Dermatologist: "Acne in adults has reached epidemic level". What factors trigger it and how it can be treated effectively

Dermatologist: "Acne in adults has reached epidemic level". What factors trigger it and how it can be treated effectively

Not only do teens face blackheads and blackheads. Acne is becoming more and more common in adults, according to a recent study that revealed that more than a quarter of 40-year-olds and 15% of 50-year-olds face this problem.

Acne occurs when sebum combines with dead skin cells and blocks pores. As with adolescents, hormones are also responsible for the appearance of acne at maturity.

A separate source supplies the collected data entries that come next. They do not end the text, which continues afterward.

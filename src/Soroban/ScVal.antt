-- ===== src/Soroban/ScVal.antt =====
-- internal/soroban/scval.go: from contract values to plain Go values. `ScVal` has the variants of
-- xdr.ScVal that `Native` tells apart; an unmarshalled value always carries the arm of its type.
-- The encoding of addresses (strkey) and the base64 and XDR readers are parameters, and so is the
-- text that `%v` makes of a map key that is no scalar.
pub mod Wide
use Prim.Native.Nat.{bit_and, bit_or}
use lumen_liquid_backend.Base.{
  ℕ, ◌-◌, ◌^◌, Bool, true, false, Option, none, some, if◌then◌else◌, ◌==◌, text_eq,
}
use lumen_liquid_backend.Base.Int.{ℤ, pos, negsuc, ◌*ℤ◌}
use lumen_liquid_backend.Base.Text.{Text, codes, print_ℕ, print_ℤ}

pub data Address : Type 0 where
  account : Option Text → Address
  contract : Text → Address
  other : Address

mutual
  pub data ScVal : Type 0 where
    sc_bool : Bool → ScVal
    sc_void : ScVal
    sc_u32 : ℕ → ScVal
    sc_i32 : ℤ → ScVal
    sc_u64 : ℕ → ScVal
    sc_i64 : ℤ → ScVal
    sc_u128 : ℕ → ℕ → ScVal
    sc_i128 : ℤ → ℕ → ScVal
    sc_u256 : ℕ → ℕ → ℕ → ℕ → ScVal
    sc_i256 : ℤ → ℕ → ℕ → ℕ → ScVal
    sc_bytes : Text → ScVal
    sc_string : Text → ScVal
    sc_symbol : Text → ScVal
    sc_address : Address → ScVal
    sc_vec_nil : ScVal
    sc_vec : ScVals → ScVal
    sc_map_nil : ScVal
    sc_map : ScEntries → ScVal
    sc_other : ℕ → ScVal

  pub data ScVals : Type 0 where
    no_vals : ScVals
    val_cons : ScVal → ScVals → ScVals

  pub data ScEntries : Type 0 where
    no_entries : ScEntries
    entry : ScVal → ScVal → ScEntries → ScEntries

-- What `Native` returns as `any`.
mutual
  pub data Value : Type 0 where
    null : Value
    boolean : Bool → Value
    uint32 : ℕ → Value
    int32 : ℤ → Value
    uint64 : ℕ → Value
    int64 : ℤ → Value
    big : ℤ → Value
    bytes : Text → Value
    string : Text → Value
    vec : Items → Value
    fields : Fields → Value
    raw : ℕ → Value

  pub data Items : Type 0 where
    nil : Items
    cons : Value → Items → Items

  pub data Fields : Type 0 where
    end : Fields
    field : Text → Value → Fields → Fields

-- What is outside of src/: strkey, base64 with XDR, and `%v` of a value that is no scalar.
pub record Codec : Type 0 where
  pub encode_account : Text → Option Text
  pub encode_contract : Text → Option Text
  pub decode_b64 : Text → Option ScVal
  pub sprint : Value → Text

-- `z.Or` of math/big: two's complement.
unfoldable pub or_ℤ : ℤ → ℤ → ℤ
or_ℤ (pos a) (pos b) = pos (bit_or a b)
or_ℤ (pos a) (negsuc b) = negsuc (b - bit_and b a)
or_ℤ (negsuc a) (pos b) = negsuc (a - bit_and a b)
or_ℤ (negsuc a) (negsuc b) = negsuc (bit_and a b)

-- `z.Lsh(z, 64)`
unfoldable pub lsh64 : ℤ → ℤ
lsh64 z = z *ℤ pos (2 ^ 64)

unfoldable pub u128_to_big : ℕ → ℕ → ℤ
u128_to_big hi lo = or_ℤ (lsh64 (pos hi)) (pos lo)

unfoldable pub i128_to_big : ℤ → ℕ → ℤ
i128_to_big hi lo = or_ℤ (lsh64 hi) (pos lo)

unfoldable pub u256_to_big : ℕ → ℕ → ℕ → ℕ → ℤ
u256_to_big hi_hi hi_lo lo_hi lo_lo =
    or_ℤ (lsh64 (or_ℤ (lsh64 (or_ℤ (lsh64 (pos hi_hi)) (pos hi_lo))) (pos lo_hi))) (pos lo_lo)

unfoldable pub i256_to_big : ℤ → ℕ → ℕ → ℕ → ℤ
i256_to_big hi_hi hi_lo lo_hi lo_lo =
    or_ℤ (lsh64 (or_ℤ (lsh64 (or_ℤ (lsh64 hi_hi) (pos hi_lo))) (pos lo_hi))) (pos lo_lo)

-- `m[k] = v`, and `m[k]`, which is nil for a missing key.
unfoldable pub set_field : Text → Value → Fields → Fields
set_field k v end = field k v end
set_field k v (field j w m) = if j == k then field j v m else field j w (set_field k v m)

unfoldable pub get_field : Text → Fields → Value
get_field k end = null
get_field k (field j v m) = if j == k then v else get_field k m

module _ (x : Codec) where
  unfoldable pub address_to_strkey : Address → Option Text
  address_to_strkey (account none) = none
  address_to_strkey (account (some key)) = x.encode_account key
  address_to_strkey (contract c) = x.encode_contract c
  address_to_strkey other = none

  -- `fmt.Sprintf("%v", kn)`
  unfoldable pub key_text : Value → Text
  key_text (string s) = s
  key_text (uint32 n) = print_ℕ n
  key_text (uint64 n) = print_ℕ n
  key_text (int32 z) = print_ℤ z
  key_text (int64 z) = print_ℤ z
  key_text (big z) = print_ℤ z
  key_text (boolean true) = codes "true"
  key_text (boolean false) = codes "false"
  key_text null = codes "<nil>"
  key_text v = x.sprint v

  address_value : Option Text → Option Value
  address_value none = none
  address_value (some s) = some (string s)

  vec_value : Option Items → Option Value
  vec_value none = none
  vec_value (some xs) = some (vec xs)

  cons_value : Option Value → Option Items → Option Items
  cons_value none xs = none
  cons_value (some v) none = none
  cons_value (some v) (some xs) = some (cons v xs)

  fields_value : Option Fields → Option Value
  fields_value none = none
  fields_value (some m) = some (fields m)

  -- One round of the loop over a map: the entry goes into `out`, then the rest is read.
  put_entry : Option Value → Option Value → (Fields → Option Fields) → Fields → Option Fields
  put_entry none v rest out = none
  put_entry (some k) none rest out = none
  put_entry (some k) (some v) rest out = rest (set_field (key_text k) v out)

  -- `Native`; `none` is an error.
  unfoldable mutual
    unfolding address_to_strkey key_text address_value vec_value cons_value fields_value put_entry

    pub native : ScVal → Option Value
    native (sc_bool b) = some (boolean b)
    native sc_void = some null
    native (sc_u32 n) = some (uint32 n)
    native (sc_i32 z) = some (int32 z)
    native (sc_u64 n) = some (uint64 n)
    native (sc_i64 z) = some (int64 z)
    native (sc_u128 hi lo) = some (big (u128_to_big hi lo))
    native (sc_i128 hi lo) = some (big (i128_to_big hi lo))
    native (sc_u256 a b c d) = some (big (u256_to_big a b c d))
    native (sc_i256 a b c d) = some (big (i256_to_big a b c d))
    native (sc_bytes s) = some (bytes s)
    native (sc_string s) = some (string s)
    native (sc_symbol s) = some (string s)
    native (sc_address a) = address_value (address_to_strkey a)
    native sc_vec_nil = some (vec nil)
    native (sc_vec vs) = vec_value (native_vec vs)
    native sc_map_nil = some (fields end)
    native (sc_map es) = fields_value (native_map es end)
    native (sc_other n) = some (raw n)

    pub native_vec : ScVals → Option Items
    native_vec no_vals = some nil
    native_vec (val_cons v vs) = cons_value (native v) (native_vec vs)

    pub native_map : ScEntries → Fields → Option Fields
    native_map no_entries out = some out
    native_map (entry k v es) out = put_entry (native k) (native v) (native_map es) out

Testosterone triggers excess sebum production, and as we get older our body produces less estrogen to counterbalance testosterone production.

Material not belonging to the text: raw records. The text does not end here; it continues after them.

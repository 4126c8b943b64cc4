-- ===== src/Events.antt =====
-- internal/events/decode.go: the typed event, and the classification of its topic. A Go `switch` on
-- the topic string is the topic's constructor followed by clauses.
pub mod Decode
use lumen_liquid_backend.Base.{
  ℕ, Bool, true, false, Option, none, some, List, [], ◌∷◌, if◌then◌else◌, ◌==◌, text_eq,
}
use lumen_liquid_backend.Base.Int.{ℤ}
use lumen_liquid_backend.Base.Text.{Text, codes}
use lumen_liquid_backend.Soroban.ScVal.{Value, null}

pub data Source : Type 0 where
  pm vault registry unknown : Source

pub record Trade : Type 0 where
  pub pair_index : ℕ
  pub is_long : Bool
  pub leverage : ℕ
  pub open_price : Option ℤ
  pub collateral : Option ℤ
  pub acc_rollover_open : Option ℤ
  pub acc_funding_open : Option ℤ
  pub tp_price : Option ℤ
  pub sl_price : Option ℤ

pub record LimitOrder : Type 0 where
  pub pair_index : ℕ
  pub is_long : Bool
  pub collateral : Option ℤ
  pub leverage : ℕ
  pub limit_price : Option ℤ
  pub tp_price : Option ℤ
  pub sl_price : Option ℤ

-- An `*int32` is an `Option ℤ`, a `*big.Int` too.
pub record Event : Type 0 where
  pub source : Source
  pub topic : Text
  pub contract_id : Text
  pub tx_hash : Text
  pub event_index : ℕ
  pub ledger : ℕ
  pub occurred_at : Text
  pub trader : Text
  pub pair_index : Option ℤ
  pub trade_index : Option ℤ
  pub limit_index : Option ℤ
  pub group_index : Option ℤ
  pub oi_is_long : Option Bool
  pub trade : Option Trade
  pub limit : Option LimitOrder
  pub assets : Option ℤ
  pub shares : Option ℤ
  pub net_pnl : Option ℤ
  pub gross_payout : Option ℤ
  pub amount : Option ℤ
  pub rate_per : Option ℤ
  pub fee_per : Option ℤ
  pub symbol : Text
  pub open_fee : Option ℤ
  pub close_fee : Option ℤ
  pub close_price : Option ℤ
  pub tp_price : Option ℤ
  pub sl_price : Option ℤ
  pub limit_price : Option ℤ
  pub raw_topics : List Value
  pub raw_data : Value

-- The zero value of `Event`; a source that was never set is none of the three.
abbrev pub empty_event : Event
empty_event = record {
  source = unknown;
  topic = [];
  contract_id = [];
  tx_hash = [];
  event_index = 0;
  ledger = 0;
  occurred_at = [];
  trader = [];
  pair_index = none;
  trade_index = none;
  limit_index = none;
  group_index = none;
  oi_is_long = none;
  trade = none;
  limit = none;
  assets = none;
  shares = none;
  net_pnl = none;
  gross_payout = none;
  amount = none;
  rate_per = none;
  fee_per = none;
  symbol = [];
  open_fee = none;
  close_fee = none;
  close_price = none;
  tp_price = none;
  sl_price = none;
  limit_price = none;
  raw_topics = [];
  raw_data = null;
}

pub data PmTopic : Type 0 where
  opened closed placed executed canceled updated_limit updated_tp_sl tp_sl_executed liq other :
      PmTopic

pub data VaultTopic : Type 0 where
  deposit withdraw settle take_collat bad_debt untyped other : VaultTopic

pub data RegistryTopic : Type 0 where
  pair_added pair_updated pair_disabled funding_rate rollover_rate depth group_added group_updated
        open_fee close_fee max_pos oi_add oi_sub other :
      RegistryTopic

-- The first name in the table that is the topic.
abbrev find_topic {ℓ} : {A : Type ℓ} → Text → List (Text × A) → A → A
find_topic t [] d = d
find_topic t ((name, a) ∷ rest) d = if t == name then a else find_topic t rest d

unfoldable pub pm_topic : Text → PmTopic
pm_topic t =
    find_topic t
      ((codes "opened", opened)
        ∷ (codes "closed", closed)
        ∷ (codes "placed", placed)
        ∷ (codes "executed", executed)
        ∷ (codes "canceled", canceled)
        ∷ (codes "updated_limit", updated_limit)
        ∷ (codes "updated_tp_sl", updated_tp_sl)
        ∷ (codes "tp_sl_executed", tp_sl_executed)
        ∷ (codes "liq", liq)
        ∷ [])
      PmTopic.other

-- `untyped` stands for the topics of the vault that have no typed fields.
unfoldable pub vault_topic : Text → VaultTopic
vault_topic t =
    find_topic t
      ((codes "deposit", deposit)
        ∷ (codes "withdraw", withdraw)
        ∷ (codes "settle", settle)
        ∷ (codes "take_collat", take_collat)
        ∷ (codes "bad_debt", bad_debt)
        ∷ (codes "transfer", untyped)
        ∷ (codes "burn", untyped)
        ∷ (codes "approve", untyped)
        ∷ (codes "set_lock", untyped)
        ∷ (codes "set_pm", untyped)
        ∷ (codes "paused", untyped)
        ∷ (codes "unpaused", untyped)
        ∷ (codes "upgraded", untyped)
        ∷ (codes "init", untyped)
        ∷ [])
      VaultTopic.other

unfoldable pub registry_topic : Text → RegistryTopic
registry_topic t =
    find_topic t
      ((codes "pair_added", pair_added)
        ∷ (codes "pair_updated", pair_updated)
        ∷ (codes "pair_disabled", pair_disabled)
        ∷ (codes "funding_rate", funding_rate)
        ∷ (codes "rollover_rate", rollover_rate)
        ∷ (codes "depth", depth)
        ∷ (codes "group_added", group_added)
        ∷ (codes "group_updated", group_updated)
        ∷ (codes "open_fee", RegistryTopic.open_fee)
        ∷ (codes "close_fee", RegistryTopic.close_fee)
        ∷ (codes "max_pos", max_pos)
        ∷ (codes "oi_add", oi_add)
        ∷ (codes "oi_sub", oi_sub)
        ∷ [])
      RegistryTopic.other

-- `pmTopics[topic]`, `vaultTopics[topic]`, `registryTopics[topic]`
abbrev pub is_pm_topic : Text → Bool
is_pm_topic t = elim (pm_topic t) [ PmTopic.other ↦ false | _ ↦ true ]

abbrev pub is_vault_topic : Text → Bool
is_vault_topic t = elim (vault_topic t) [ VaultTopic.other ↦ false | _ ↦ true ]

abbrev pub is_registry_topic : Text → Bool
is_registry_topic t = elim (registry_topic t) [ RegistryTopic.other ↦ false | _ ↦ true ]
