-- ===== src/Controller/Devices.antt =====
-- The devices that `Xbox360Interface` opens and closes.
use drone_os.Base.{
  ◌≡◌, refl, if◌then◌else◌, Bool, true, false, Option, none, some, List, [], ◌∷◌, ◌++◌, Result, ok,
  err,
}
use drone_os.Controller.{
  Payload, Event, XpadError, canceled, other, Attempt, PadCall, opens, closes, sends, sent, PadRun,
  read_xpad_events, wait_for_xpad, after_events, after_open, after_wait, xbox360_interface,
}

-- From the open device, if any: a device is opened only while none is, events are sent only while one is
-- open, the open device is the one that is closed, and at a return none is open.
abbrev pub UsesOne : {I : Type 0} → Bool → Option I → List (PadCall I) → Type 0
UsesOne returned none [] = Unit
UsesOne returned (some i) [] = returned ≡ false
UsesOne returned none (opens i ∷ cs) = UsesOne returned (some i) cs
UsesOne returned (some i) (sends e ∷ cs) = UsesOne returned (some i) cs
UsesOne returned (some i) (closes k ∷ cs) = (i ≡ k) × UsesOne returned none cs
UsesOne returned _ _ = ⊥

abbrev pub returns : {E : Type 0} → Option E → Bool
returns none = false
returns (some e) = true

module _ {I : Type 0} where
  UsesOne-sent :
      (b : Bool) (i : I) (es : List (Event Payload)) (cs : List (PadCall I))
      → UsesOne b (some i) cs
      → UsesOne b (some i) (sent es ++ cs)
  UsesOne-sent b i [] cs h = h
  UsesOne-sent b i (e ∷ es) cs h = UsesOne-sent b i es cs h

  UsesOne-sending : (i : I) (es : List (Event Payload)) → UsesOne false (some i) (sent es)
  UsesOne-sending i [] = refl
  UsesOne-sending i (e ∷ es) = UsesOne-sending i es

module _ {X I : Type 0} where
  Fine : PadRun X I → Type 0
  Fine (calls, end) = UsesOne (returns end) none calls

  after_events-Fine :
      (i : I) (r : List (Event Payload) × Option (XpadError X)) (rest : PadRun X I)
      → Fine rest
      → Fine (after_events i r rest)
  unfolding after_events Fine
  after_events-Fine i (events, none) rest h = UsesOne-sending i events
  after_events-Fine i (events, some canceled) rest h = UsesOne-sent true i events _ (refl, tt)
  after_events-Fine i (events, some (other e)) (calls, end) h =
      UsesOne-sent (returns end) i events _ (refl, h)

  after_open-Fine :
      (a : Attempt X I) (i : I) (rest : PadRun X I) (o : Option X)
      → Fine rest
      → Fine (after_open a i rest o)
  unfolding after_open Fine
  after_open-Fine a i rest none h = after_events-Fine i (read_xpad_events a.rounds) rest h
  after_open-Fine a i rest (some e) h = go a.done
    where
      go : (b : Bool) → Fine (if b then ([], some canceled) else rest)
      go true = tt
      go false = h

  after_wait-Fine :
      (a : Attempt X I) (rest : PadRun X I) (o : Option (Result (XpadError X) I))
      → Fine rest
      → Fine (after_wait a rest o)
  unfolding after_wait Fine
  after_wait-Fine a rest none h = tt
  after_wait-Fine a rest (some (err e)) h = tt
  after_wait-Fine a rest (some (ok i)) h = after_open-Fine a i rest a.open_failure h

  -- However the searches, openings and reads go: devices are opened one at a time, events are sent only
  -- while one is open, the one that is open is the one that is closed, and at a return none is open.
  pub xbox360_interface-UsesOne :
      (attempts : List (Attempt X I))
      → let (calls, end) = xbox360_interface attempts in UsesOne (returns end) none calls
  unfolding xbox360_interface Fine
  xbox360_interface-UsesOne [] = tt
  xbox360_interface-UsesOne (a ∷ attempts) =
      after_wait-Fine a _ (wait_for_xpad a.searches) (xbox360_interface-UsesOne attempts)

"Adult acne has reached epidemic level. Stress can cause and aggravate acne, ”says Dr. Stefanie Williams, dermatologist. There are, however, other, less known causes:


Oily hair shampoos and conditioners reach the forehead, shoulders and back causing acne.

These products can also lead to folliculitis. Oily hair styling products can cause the same problems as they reach the skin and block pores.

SOLUTION: Wash your hair at the beginning of the shower, then grab your hair and rinse your face and body well.

"I advise patients to check the labels of their hair products and to avoid those containing ingredients that block pores such as coconut oil," explains the dermatologist.

– Anti-wrinkle creams

"Women today are very concerned about delaying aging and in many cases they do not choose the right anti-wrinkle creams for their skin. Too much fat can block pores and lead to acne, "says Dr. Stefanie Williams

SOLUTION: If you have oily skin, avoid creams that contain oils, especially those with almond oil or grape seed oil.

Beware of pore-blocking ingredients like lanolin and cocoa butter and isostropyl isostearate moisturizing agents and isopropyl myristate.

– Skimmed milk

All types of milk are associated with the appearance of acne, but the skimmed one is the most harmful, according to a recent study.

Women who consume more than two glasses of skimmed milk per day are 22% more likely to develop normal acne and 44% more likely to develop cystic acne.

One explanation is that milk contains hormones and leads to hormonal imbalance in the body. During the process of eliminating fat from milk, estrogen that protects against male testosterone-hormone that causes acne is also removed.

SOLUTION: Opt for almond milk, as it does not contain any hormones. It also adopts a diet high in fiber and low in sugar and pasta.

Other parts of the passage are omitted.